▶ Exercise brief
For the entries below, repeat exactly each line starting with the one that contains "abbrev Returns : Option Text → Type 0" and going on through the one that contains "122 ≤ k + fuel", and no others.

++++ Input data ++++

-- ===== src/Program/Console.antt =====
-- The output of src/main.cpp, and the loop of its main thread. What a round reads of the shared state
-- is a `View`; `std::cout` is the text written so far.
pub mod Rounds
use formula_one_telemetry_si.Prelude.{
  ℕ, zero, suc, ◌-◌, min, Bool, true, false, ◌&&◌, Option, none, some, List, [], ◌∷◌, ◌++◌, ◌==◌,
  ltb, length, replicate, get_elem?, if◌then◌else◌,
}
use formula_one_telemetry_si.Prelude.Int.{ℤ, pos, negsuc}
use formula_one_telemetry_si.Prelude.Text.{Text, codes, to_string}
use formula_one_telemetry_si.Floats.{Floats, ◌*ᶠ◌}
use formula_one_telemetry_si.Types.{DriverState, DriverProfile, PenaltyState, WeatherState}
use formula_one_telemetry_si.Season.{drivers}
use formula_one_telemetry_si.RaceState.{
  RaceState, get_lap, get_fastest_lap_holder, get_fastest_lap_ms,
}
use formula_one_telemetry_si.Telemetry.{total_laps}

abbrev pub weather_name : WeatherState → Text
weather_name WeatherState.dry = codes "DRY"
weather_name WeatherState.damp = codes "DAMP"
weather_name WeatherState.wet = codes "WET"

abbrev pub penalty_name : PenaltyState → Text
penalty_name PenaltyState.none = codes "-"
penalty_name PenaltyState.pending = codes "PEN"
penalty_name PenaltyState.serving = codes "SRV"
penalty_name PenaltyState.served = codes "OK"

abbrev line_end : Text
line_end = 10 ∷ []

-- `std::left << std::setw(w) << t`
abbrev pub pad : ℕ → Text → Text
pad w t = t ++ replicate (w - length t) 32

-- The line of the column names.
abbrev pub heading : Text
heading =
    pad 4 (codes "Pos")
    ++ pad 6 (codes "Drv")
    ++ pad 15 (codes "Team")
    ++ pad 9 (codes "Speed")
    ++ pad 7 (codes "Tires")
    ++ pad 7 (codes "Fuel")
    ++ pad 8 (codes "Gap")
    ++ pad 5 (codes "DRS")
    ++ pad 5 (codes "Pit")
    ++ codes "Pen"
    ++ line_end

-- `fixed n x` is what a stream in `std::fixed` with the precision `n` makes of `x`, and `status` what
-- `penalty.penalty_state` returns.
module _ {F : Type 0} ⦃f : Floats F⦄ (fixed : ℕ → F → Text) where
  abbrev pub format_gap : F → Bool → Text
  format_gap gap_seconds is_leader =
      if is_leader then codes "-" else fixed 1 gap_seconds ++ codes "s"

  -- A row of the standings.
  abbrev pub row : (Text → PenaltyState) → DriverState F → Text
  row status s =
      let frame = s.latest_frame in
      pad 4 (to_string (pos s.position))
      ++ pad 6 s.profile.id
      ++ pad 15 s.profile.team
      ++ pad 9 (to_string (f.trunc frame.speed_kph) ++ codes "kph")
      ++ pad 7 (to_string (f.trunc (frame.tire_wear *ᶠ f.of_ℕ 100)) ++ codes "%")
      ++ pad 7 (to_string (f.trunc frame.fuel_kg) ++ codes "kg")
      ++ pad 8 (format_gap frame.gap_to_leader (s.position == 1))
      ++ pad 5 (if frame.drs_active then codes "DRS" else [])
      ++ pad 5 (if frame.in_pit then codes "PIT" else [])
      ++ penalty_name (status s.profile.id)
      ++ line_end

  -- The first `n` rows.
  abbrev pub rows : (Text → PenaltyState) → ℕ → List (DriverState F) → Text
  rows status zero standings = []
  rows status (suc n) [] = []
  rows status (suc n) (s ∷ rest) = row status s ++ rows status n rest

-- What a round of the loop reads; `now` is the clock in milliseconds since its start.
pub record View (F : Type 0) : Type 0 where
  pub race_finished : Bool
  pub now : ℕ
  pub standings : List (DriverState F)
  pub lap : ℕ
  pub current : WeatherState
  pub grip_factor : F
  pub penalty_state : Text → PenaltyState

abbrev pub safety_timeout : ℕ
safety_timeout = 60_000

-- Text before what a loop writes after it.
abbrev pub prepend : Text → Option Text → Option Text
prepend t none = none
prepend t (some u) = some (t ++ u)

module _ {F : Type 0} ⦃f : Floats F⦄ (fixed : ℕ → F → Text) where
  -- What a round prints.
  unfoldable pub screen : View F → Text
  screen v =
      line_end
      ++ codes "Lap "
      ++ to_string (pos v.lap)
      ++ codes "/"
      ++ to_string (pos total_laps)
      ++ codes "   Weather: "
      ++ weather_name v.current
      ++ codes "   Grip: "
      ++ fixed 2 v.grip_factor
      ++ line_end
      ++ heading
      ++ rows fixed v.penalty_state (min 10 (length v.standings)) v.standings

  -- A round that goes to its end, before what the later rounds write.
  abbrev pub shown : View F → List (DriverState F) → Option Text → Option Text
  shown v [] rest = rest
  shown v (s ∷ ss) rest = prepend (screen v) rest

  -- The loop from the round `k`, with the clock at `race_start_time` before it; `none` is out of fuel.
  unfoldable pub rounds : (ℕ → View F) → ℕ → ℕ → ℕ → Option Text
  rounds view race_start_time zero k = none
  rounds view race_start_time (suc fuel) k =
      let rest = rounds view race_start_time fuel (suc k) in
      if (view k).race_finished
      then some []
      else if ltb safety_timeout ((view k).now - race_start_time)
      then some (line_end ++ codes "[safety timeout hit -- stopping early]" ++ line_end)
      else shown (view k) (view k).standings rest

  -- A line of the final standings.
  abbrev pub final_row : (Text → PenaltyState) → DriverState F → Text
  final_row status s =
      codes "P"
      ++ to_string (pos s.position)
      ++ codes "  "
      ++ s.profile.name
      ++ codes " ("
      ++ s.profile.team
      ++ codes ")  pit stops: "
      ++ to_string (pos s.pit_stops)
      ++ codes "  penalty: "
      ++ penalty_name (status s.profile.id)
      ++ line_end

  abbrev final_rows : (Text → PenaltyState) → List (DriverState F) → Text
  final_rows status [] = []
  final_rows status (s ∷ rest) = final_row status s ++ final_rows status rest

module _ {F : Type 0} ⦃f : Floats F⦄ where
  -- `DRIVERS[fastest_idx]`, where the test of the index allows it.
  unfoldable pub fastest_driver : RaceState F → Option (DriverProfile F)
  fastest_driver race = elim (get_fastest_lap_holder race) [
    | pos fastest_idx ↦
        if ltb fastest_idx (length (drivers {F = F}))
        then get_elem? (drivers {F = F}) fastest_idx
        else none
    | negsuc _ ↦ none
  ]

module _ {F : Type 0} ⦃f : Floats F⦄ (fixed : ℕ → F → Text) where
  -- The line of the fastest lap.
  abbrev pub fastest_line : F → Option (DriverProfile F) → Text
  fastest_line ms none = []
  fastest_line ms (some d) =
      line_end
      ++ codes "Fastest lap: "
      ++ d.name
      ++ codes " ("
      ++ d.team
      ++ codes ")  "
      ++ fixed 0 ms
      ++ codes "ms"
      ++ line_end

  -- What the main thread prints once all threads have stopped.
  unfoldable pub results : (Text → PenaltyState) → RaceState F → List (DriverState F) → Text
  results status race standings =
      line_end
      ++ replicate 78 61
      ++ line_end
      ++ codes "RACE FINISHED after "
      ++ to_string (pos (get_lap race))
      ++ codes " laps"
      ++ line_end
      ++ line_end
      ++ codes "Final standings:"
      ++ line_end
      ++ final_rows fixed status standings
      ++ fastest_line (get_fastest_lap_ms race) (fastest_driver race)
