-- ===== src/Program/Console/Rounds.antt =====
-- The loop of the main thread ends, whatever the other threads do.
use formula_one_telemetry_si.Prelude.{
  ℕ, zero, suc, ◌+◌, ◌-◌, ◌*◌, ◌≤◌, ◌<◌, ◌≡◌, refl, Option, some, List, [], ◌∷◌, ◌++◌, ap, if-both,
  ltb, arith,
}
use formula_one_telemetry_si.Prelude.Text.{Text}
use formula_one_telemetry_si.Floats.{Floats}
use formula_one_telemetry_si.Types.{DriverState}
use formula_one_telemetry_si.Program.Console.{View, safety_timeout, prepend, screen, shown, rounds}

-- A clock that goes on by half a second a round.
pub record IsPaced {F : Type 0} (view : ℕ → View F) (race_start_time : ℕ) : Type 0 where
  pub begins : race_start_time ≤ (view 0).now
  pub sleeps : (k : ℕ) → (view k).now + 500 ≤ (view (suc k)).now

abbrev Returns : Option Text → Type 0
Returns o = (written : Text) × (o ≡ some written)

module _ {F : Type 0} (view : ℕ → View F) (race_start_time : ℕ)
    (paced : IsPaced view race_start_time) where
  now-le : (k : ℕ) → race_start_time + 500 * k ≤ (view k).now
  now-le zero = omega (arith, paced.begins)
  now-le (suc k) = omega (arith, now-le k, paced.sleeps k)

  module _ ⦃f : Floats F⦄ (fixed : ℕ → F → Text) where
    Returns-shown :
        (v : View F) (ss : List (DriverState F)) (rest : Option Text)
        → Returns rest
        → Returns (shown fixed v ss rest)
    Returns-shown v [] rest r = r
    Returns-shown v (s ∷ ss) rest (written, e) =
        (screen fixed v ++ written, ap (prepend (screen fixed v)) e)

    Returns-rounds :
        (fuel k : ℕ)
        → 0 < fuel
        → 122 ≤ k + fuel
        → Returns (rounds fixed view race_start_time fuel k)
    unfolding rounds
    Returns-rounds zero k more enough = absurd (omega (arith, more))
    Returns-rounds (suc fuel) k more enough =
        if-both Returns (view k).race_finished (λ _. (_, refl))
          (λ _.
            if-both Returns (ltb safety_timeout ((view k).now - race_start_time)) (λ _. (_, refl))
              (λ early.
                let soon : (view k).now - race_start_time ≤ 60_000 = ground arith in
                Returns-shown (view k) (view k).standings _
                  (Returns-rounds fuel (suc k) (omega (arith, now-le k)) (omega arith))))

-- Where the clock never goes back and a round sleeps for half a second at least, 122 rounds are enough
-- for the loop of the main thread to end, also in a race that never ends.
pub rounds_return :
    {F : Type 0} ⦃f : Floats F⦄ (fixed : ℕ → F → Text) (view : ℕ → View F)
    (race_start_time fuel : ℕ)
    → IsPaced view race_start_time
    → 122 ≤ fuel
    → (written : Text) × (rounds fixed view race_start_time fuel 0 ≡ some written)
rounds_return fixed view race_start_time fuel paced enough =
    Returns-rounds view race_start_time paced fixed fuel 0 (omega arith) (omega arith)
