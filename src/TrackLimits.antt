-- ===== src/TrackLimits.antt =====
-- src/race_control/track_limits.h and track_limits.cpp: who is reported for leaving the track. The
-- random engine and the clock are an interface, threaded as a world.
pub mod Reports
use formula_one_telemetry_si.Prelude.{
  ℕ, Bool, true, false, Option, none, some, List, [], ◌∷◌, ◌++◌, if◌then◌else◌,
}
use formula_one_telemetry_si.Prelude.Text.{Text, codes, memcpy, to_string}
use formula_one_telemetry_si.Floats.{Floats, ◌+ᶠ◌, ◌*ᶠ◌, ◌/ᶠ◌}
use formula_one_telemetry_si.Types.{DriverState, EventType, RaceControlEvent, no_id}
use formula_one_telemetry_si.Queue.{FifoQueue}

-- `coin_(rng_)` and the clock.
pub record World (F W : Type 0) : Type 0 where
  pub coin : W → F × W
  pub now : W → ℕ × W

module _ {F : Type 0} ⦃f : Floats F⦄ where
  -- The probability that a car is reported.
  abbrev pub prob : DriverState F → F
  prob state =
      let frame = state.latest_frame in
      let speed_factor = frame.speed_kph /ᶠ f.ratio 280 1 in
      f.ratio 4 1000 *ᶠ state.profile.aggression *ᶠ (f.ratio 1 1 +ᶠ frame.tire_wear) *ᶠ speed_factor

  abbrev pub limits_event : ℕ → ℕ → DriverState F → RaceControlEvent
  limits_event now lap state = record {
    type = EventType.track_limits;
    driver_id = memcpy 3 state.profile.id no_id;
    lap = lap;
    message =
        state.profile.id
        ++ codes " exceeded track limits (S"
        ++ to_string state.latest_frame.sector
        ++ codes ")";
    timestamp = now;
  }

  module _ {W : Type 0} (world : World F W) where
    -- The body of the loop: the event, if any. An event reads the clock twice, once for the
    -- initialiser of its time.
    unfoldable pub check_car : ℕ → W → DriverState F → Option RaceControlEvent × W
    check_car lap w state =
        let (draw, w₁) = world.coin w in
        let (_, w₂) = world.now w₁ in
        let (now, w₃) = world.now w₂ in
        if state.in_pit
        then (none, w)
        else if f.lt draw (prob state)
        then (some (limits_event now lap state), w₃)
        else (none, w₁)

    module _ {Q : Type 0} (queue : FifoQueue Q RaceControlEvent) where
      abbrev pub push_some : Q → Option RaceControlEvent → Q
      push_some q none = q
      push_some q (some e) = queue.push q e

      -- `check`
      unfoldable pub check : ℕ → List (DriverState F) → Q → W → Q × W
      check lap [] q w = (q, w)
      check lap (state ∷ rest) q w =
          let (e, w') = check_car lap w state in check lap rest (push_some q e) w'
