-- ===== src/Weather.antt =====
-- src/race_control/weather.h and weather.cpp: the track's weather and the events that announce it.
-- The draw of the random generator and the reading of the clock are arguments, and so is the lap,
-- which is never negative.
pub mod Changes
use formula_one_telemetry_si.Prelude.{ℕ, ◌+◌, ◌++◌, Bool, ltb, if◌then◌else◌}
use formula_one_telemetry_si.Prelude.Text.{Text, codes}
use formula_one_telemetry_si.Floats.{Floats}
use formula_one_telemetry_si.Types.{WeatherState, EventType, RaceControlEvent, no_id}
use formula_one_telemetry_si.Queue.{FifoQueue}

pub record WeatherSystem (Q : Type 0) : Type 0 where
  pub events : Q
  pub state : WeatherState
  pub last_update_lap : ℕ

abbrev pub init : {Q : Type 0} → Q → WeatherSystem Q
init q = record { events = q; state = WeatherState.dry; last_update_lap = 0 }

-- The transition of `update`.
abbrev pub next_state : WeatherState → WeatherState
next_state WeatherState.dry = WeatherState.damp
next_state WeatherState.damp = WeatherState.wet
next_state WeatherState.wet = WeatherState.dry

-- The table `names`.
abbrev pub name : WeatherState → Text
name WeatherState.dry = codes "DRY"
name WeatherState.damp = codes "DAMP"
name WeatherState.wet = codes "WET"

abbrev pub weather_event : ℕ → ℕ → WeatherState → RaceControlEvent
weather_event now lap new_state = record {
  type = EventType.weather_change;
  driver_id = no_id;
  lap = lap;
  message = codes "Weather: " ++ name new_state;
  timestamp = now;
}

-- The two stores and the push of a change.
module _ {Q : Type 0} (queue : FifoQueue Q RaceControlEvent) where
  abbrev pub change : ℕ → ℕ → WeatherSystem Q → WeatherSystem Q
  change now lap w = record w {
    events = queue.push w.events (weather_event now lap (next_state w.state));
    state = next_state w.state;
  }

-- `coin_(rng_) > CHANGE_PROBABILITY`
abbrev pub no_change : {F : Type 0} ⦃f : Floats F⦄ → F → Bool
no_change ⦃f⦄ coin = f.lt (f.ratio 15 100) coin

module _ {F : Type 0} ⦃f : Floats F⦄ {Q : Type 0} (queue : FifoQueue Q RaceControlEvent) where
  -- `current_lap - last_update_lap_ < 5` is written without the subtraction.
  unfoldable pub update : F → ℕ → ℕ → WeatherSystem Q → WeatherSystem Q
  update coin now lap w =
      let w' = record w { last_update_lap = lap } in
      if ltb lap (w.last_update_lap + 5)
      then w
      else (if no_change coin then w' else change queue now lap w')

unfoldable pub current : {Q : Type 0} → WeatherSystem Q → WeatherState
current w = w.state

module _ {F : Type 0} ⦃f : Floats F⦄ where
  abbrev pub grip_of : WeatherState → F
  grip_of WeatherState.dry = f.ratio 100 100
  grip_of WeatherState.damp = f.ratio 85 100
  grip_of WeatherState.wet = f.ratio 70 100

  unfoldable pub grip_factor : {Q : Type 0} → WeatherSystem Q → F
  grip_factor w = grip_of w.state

++++

▶ Completed task
abbrev Returns : Option Text → Type 0
Returns o = (written : Text) × (o ≡ some written)

module _ {F : Type 0} (view : ℕ → View F) (race_start_time : ℕ)
    (paced : IsPaced view race_start_time) where
  now-le : (k : ℕ) → race_start_time + 500 * k ≤ (view k).now
  now-le zero = omega (arith, paced.begins)
  now-le (suc k) = omega (arith, now-le k, paced.sleeps k)

  module _ ⦃f : Floats F⦄ (fixed : ℕ → F → Text) where
    Returns-shown :
        (v : View F) (ss : List (DriverState F)) (rest : Option Text)
        → Returns rest
        → Returns (shown fixed v ss rest)
    Returns-shown v [] rest r = r
    Returns-shown v (s ∷ ss) rest (written, e) =
        (screen fixed v ++ written, ap (prepend (screen fixed v)) e)

    Returns-rounds :
        (fuel k : ℕ)
        → 0 < fuel
        → 122 ≤ k + fuel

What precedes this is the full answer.